Exercise aim: Every line holding the string "Money" should be copied from the listing.

Input data:
↓

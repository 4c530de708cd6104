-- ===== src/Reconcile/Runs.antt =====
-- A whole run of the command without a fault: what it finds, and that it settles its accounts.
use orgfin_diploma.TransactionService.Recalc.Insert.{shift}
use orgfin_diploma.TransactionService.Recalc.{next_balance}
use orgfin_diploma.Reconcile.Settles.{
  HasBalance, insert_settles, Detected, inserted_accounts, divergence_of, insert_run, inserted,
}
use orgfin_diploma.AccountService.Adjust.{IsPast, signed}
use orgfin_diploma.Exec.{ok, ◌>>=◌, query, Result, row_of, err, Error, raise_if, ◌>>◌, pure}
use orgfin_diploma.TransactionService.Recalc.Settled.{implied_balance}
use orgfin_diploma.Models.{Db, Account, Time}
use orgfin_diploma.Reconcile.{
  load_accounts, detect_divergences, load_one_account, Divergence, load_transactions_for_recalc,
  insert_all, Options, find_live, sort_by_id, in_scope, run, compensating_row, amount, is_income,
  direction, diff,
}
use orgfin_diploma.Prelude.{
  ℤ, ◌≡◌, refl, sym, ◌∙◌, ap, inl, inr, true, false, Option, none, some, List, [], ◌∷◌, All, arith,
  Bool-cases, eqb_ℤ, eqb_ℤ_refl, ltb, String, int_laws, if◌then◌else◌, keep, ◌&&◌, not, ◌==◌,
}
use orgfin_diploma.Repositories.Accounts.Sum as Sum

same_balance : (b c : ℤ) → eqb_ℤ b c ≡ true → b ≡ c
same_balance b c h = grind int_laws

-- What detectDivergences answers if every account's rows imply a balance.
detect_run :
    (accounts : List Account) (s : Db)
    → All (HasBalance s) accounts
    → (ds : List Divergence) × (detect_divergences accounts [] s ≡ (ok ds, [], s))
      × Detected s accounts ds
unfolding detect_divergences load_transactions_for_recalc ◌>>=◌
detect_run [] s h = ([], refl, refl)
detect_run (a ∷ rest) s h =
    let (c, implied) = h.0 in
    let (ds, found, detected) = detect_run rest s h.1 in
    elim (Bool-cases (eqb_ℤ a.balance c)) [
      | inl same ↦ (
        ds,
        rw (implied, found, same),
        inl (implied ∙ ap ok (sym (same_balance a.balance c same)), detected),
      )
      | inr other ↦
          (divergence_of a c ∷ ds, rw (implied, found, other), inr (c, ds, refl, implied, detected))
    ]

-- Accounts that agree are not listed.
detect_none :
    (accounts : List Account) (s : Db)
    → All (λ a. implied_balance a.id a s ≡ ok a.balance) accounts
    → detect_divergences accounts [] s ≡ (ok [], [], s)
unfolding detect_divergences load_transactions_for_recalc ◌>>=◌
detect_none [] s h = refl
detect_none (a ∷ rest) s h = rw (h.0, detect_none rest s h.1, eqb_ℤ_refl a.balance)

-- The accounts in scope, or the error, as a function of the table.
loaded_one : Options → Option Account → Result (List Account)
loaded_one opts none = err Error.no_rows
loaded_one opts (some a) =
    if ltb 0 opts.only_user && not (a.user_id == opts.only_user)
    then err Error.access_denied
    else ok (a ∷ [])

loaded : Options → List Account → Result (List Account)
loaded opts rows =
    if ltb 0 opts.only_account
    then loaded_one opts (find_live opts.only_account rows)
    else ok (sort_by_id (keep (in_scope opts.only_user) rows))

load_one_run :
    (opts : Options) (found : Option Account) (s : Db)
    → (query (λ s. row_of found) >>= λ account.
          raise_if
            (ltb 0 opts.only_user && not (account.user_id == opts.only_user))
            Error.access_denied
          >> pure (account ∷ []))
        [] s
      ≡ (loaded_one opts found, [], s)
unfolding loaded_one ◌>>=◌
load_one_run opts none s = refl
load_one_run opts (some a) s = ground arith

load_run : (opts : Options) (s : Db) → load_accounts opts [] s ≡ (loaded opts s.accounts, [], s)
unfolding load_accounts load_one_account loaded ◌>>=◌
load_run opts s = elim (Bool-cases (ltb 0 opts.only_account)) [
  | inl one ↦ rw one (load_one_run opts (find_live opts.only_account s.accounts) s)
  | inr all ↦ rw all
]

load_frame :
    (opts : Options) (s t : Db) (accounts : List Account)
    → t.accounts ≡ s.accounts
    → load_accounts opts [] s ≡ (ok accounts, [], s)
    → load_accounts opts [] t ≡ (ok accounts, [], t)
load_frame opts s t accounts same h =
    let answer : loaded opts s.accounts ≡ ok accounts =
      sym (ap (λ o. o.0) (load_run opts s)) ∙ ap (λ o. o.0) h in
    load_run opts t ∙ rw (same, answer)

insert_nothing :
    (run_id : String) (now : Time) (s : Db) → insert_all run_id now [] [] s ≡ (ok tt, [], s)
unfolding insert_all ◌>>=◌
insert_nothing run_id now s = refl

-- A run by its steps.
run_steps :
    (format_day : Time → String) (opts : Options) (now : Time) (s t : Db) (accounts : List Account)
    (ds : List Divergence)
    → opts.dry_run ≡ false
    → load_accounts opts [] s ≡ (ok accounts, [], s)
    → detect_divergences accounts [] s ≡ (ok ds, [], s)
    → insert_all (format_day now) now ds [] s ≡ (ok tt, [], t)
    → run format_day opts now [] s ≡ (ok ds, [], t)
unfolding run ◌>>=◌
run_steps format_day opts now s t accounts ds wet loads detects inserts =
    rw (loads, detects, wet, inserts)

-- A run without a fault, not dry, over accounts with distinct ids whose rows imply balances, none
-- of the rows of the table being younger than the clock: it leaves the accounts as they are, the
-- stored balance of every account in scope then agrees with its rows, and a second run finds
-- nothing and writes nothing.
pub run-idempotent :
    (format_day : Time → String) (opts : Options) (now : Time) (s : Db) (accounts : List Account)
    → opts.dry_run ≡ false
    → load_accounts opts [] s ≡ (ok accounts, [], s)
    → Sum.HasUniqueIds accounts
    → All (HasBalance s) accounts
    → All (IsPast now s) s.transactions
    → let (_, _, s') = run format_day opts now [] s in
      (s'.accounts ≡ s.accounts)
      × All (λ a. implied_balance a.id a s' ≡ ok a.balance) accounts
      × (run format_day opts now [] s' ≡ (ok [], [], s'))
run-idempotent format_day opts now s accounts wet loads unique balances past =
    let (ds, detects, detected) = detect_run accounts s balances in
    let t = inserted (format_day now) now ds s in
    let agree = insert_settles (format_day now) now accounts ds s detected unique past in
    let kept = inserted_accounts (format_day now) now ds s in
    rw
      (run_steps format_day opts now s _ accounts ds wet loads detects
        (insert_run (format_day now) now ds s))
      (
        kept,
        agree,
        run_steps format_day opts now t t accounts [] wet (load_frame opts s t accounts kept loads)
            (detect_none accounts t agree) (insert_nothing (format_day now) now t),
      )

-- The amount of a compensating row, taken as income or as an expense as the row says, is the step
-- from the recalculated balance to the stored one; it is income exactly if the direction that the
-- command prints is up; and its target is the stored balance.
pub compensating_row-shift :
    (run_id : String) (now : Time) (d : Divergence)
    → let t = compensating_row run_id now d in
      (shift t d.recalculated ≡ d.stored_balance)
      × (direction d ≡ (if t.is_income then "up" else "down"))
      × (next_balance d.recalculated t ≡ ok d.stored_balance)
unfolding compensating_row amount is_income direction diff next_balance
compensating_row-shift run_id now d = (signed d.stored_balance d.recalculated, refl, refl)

↑
↓

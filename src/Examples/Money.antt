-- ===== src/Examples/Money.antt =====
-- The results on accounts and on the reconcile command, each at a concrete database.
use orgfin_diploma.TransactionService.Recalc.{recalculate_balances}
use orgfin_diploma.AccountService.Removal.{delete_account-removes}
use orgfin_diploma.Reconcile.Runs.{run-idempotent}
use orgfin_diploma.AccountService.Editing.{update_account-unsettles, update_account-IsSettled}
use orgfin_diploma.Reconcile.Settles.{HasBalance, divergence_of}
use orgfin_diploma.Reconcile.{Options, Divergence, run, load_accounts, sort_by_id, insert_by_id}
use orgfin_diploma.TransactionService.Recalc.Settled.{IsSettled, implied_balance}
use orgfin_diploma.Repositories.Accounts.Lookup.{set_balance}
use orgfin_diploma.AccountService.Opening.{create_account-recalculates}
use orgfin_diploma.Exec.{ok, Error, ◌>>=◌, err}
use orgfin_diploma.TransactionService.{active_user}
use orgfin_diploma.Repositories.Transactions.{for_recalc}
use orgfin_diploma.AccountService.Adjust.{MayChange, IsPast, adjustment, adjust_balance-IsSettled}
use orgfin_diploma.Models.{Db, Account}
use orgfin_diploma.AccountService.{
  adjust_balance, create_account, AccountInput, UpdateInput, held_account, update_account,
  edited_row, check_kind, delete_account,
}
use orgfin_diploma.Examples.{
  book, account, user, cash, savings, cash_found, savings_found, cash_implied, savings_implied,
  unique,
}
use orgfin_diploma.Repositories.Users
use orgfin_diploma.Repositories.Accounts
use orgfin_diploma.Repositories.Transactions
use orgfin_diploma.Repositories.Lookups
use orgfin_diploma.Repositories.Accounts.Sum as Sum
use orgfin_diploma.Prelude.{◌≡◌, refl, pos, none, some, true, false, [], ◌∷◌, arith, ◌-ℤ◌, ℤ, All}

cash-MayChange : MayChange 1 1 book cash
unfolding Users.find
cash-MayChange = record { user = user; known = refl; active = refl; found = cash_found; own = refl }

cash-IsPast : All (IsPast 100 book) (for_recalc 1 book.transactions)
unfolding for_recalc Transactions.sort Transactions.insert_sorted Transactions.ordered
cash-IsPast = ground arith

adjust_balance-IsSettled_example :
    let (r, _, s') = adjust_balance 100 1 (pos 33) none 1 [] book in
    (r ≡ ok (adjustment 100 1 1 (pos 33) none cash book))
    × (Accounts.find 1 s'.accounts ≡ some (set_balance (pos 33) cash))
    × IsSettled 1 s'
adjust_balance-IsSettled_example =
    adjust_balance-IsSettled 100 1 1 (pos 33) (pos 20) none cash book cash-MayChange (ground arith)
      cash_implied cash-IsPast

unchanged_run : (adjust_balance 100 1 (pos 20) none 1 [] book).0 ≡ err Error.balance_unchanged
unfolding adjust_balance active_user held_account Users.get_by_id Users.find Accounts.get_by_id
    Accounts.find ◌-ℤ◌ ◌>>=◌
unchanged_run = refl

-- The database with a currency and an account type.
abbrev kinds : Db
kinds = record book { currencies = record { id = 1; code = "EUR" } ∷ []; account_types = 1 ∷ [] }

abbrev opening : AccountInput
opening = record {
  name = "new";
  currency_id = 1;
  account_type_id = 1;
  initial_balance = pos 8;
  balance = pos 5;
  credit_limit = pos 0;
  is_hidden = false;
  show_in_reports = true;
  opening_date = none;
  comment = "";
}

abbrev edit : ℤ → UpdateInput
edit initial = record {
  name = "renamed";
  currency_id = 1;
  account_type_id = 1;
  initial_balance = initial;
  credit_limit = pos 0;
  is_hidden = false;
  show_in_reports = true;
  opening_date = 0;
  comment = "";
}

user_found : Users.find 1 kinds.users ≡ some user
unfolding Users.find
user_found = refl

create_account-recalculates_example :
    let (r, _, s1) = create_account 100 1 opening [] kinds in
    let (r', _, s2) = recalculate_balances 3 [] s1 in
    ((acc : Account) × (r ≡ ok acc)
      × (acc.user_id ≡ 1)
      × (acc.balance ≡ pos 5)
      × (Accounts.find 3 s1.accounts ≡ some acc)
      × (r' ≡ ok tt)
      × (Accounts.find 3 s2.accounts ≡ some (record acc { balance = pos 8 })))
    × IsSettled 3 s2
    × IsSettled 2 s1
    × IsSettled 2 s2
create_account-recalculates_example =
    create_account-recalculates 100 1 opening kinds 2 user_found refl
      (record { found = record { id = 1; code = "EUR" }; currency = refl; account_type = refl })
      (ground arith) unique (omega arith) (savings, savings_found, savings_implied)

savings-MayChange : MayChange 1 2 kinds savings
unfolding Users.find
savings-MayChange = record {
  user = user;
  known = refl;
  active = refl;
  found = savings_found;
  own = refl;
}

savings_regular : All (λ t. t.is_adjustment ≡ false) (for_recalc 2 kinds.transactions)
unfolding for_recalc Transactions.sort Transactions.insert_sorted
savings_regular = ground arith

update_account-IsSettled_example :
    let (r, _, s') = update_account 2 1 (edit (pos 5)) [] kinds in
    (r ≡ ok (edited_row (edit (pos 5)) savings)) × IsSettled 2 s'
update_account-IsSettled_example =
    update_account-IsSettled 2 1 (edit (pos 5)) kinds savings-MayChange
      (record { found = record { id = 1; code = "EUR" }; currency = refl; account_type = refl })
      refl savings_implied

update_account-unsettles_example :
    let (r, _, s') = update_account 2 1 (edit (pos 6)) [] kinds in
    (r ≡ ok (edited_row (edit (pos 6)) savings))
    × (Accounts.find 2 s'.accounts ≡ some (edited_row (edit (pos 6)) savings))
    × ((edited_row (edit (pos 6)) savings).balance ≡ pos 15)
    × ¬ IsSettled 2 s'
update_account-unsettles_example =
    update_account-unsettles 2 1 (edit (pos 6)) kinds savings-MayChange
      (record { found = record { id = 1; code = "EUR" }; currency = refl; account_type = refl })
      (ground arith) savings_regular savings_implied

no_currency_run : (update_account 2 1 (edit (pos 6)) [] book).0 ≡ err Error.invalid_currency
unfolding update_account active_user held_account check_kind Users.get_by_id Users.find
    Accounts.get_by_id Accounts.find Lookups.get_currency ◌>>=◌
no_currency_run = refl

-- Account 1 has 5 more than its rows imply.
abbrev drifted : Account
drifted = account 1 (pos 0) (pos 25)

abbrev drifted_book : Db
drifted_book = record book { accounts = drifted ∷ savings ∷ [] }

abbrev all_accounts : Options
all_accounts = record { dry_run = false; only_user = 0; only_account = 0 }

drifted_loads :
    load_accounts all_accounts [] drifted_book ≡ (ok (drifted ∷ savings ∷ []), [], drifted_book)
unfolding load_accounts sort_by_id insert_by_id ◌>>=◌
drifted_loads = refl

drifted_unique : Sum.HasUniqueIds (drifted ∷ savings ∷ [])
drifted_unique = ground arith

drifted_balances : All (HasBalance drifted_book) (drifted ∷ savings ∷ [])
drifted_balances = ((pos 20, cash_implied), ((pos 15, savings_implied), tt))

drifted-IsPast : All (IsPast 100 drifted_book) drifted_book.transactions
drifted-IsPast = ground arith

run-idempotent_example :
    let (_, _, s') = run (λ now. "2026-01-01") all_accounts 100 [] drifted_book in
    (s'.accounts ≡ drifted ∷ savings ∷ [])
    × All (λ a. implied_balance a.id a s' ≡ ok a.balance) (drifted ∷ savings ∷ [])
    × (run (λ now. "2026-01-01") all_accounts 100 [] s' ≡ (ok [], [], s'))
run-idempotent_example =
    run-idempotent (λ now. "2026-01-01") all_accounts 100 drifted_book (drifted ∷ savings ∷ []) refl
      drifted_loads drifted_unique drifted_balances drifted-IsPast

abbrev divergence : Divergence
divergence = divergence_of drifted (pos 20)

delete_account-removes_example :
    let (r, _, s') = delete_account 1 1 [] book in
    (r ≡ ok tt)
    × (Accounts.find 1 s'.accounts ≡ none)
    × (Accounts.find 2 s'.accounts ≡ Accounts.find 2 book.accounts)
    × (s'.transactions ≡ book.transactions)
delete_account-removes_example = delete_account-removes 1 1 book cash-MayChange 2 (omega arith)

↑
↓

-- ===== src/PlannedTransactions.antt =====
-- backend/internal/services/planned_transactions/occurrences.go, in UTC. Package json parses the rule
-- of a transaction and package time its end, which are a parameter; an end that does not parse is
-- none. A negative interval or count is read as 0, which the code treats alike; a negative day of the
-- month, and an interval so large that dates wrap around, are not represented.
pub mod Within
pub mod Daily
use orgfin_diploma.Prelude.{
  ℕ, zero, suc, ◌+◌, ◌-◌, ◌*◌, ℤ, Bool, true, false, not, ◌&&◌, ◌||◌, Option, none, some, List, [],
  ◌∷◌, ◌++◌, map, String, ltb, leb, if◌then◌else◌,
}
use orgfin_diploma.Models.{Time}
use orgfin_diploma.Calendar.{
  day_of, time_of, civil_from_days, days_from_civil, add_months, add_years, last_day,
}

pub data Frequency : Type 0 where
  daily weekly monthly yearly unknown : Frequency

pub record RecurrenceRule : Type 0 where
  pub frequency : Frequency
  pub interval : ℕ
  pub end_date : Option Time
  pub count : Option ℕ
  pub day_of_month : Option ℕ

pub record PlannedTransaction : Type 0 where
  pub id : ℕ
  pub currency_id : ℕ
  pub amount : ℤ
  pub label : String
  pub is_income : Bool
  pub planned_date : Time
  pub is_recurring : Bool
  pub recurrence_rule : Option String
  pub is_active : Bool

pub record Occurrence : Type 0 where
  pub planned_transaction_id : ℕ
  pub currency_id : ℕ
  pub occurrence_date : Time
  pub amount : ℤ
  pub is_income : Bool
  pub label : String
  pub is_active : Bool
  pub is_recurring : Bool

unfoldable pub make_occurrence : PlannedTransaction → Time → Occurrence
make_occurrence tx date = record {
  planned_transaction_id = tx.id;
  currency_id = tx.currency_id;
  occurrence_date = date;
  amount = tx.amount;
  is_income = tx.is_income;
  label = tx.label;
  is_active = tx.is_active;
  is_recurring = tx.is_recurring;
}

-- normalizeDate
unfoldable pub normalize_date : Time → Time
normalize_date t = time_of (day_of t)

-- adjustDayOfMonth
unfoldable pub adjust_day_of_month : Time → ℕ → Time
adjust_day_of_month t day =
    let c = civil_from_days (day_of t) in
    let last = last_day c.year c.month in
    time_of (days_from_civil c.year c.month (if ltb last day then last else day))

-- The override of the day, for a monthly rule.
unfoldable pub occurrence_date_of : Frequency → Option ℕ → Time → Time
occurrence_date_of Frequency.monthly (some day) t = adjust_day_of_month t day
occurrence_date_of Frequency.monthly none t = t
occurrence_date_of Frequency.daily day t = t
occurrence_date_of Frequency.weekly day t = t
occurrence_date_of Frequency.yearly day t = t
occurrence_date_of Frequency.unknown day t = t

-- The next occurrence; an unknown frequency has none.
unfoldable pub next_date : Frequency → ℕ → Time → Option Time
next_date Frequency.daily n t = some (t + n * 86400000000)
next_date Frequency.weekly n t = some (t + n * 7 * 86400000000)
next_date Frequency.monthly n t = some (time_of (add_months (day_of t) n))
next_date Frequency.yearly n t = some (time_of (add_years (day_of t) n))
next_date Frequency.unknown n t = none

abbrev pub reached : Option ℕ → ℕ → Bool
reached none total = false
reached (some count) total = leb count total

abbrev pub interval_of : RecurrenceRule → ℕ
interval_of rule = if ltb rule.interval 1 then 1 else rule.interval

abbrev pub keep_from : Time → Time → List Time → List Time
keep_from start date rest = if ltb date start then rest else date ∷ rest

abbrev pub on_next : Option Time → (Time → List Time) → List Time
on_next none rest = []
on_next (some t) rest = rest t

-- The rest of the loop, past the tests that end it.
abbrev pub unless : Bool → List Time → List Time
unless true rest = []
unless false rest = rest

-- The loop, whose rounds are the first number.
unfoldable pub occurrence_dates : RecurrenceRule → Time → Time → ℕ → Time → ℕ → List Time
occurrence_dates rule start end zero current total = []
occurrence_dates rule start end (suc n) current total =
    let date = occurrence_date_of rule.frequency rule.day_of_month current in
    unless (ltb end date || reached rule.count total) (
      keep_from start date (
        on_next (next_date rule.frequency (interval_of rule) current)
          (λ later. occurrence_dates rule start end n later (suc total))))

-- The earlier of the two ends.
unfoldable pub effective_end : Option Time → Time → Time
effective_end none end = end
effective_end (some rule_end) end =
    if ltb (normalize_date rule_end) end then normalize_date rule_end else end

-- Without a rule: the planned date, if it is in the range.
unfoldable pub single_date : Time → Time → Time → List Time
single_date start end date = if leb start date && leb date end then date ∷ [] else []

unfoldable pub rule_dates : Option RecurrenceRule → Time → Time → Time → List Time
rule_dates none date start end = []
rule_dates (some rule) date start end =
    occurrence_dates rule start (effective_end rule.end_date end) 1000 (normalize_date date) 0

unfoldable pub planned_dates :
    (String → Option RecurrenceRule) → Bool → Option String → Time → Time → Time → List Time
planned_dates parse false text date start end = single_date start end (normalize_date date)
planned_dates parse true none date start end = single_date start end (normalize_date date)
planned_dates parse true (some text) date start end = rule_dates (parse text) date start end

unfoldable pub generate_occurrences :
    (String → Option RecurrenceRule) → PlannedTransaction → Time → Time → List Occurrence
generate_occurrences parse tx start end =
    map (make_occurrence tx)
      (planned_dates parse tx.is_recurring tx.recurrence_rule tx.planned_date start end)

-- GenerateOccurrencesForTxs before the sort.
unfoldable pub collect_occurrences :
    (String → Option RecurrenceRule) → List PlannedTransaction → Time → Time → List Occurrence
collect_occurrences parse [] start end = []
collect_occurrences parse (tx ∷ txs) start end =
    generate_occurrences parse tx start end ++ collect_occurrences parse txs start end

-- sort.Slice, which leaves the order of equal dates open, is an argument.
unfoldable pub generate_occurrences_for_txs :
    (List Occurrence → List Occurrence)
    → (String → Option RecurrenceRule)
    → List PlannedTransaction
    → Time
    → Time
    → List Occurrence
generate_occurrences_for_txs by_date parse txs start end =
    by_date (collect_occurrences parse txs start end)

↑

Answer area:
filename src/Examples/Money.antt
-- ===== src/Examples/Money.antt =====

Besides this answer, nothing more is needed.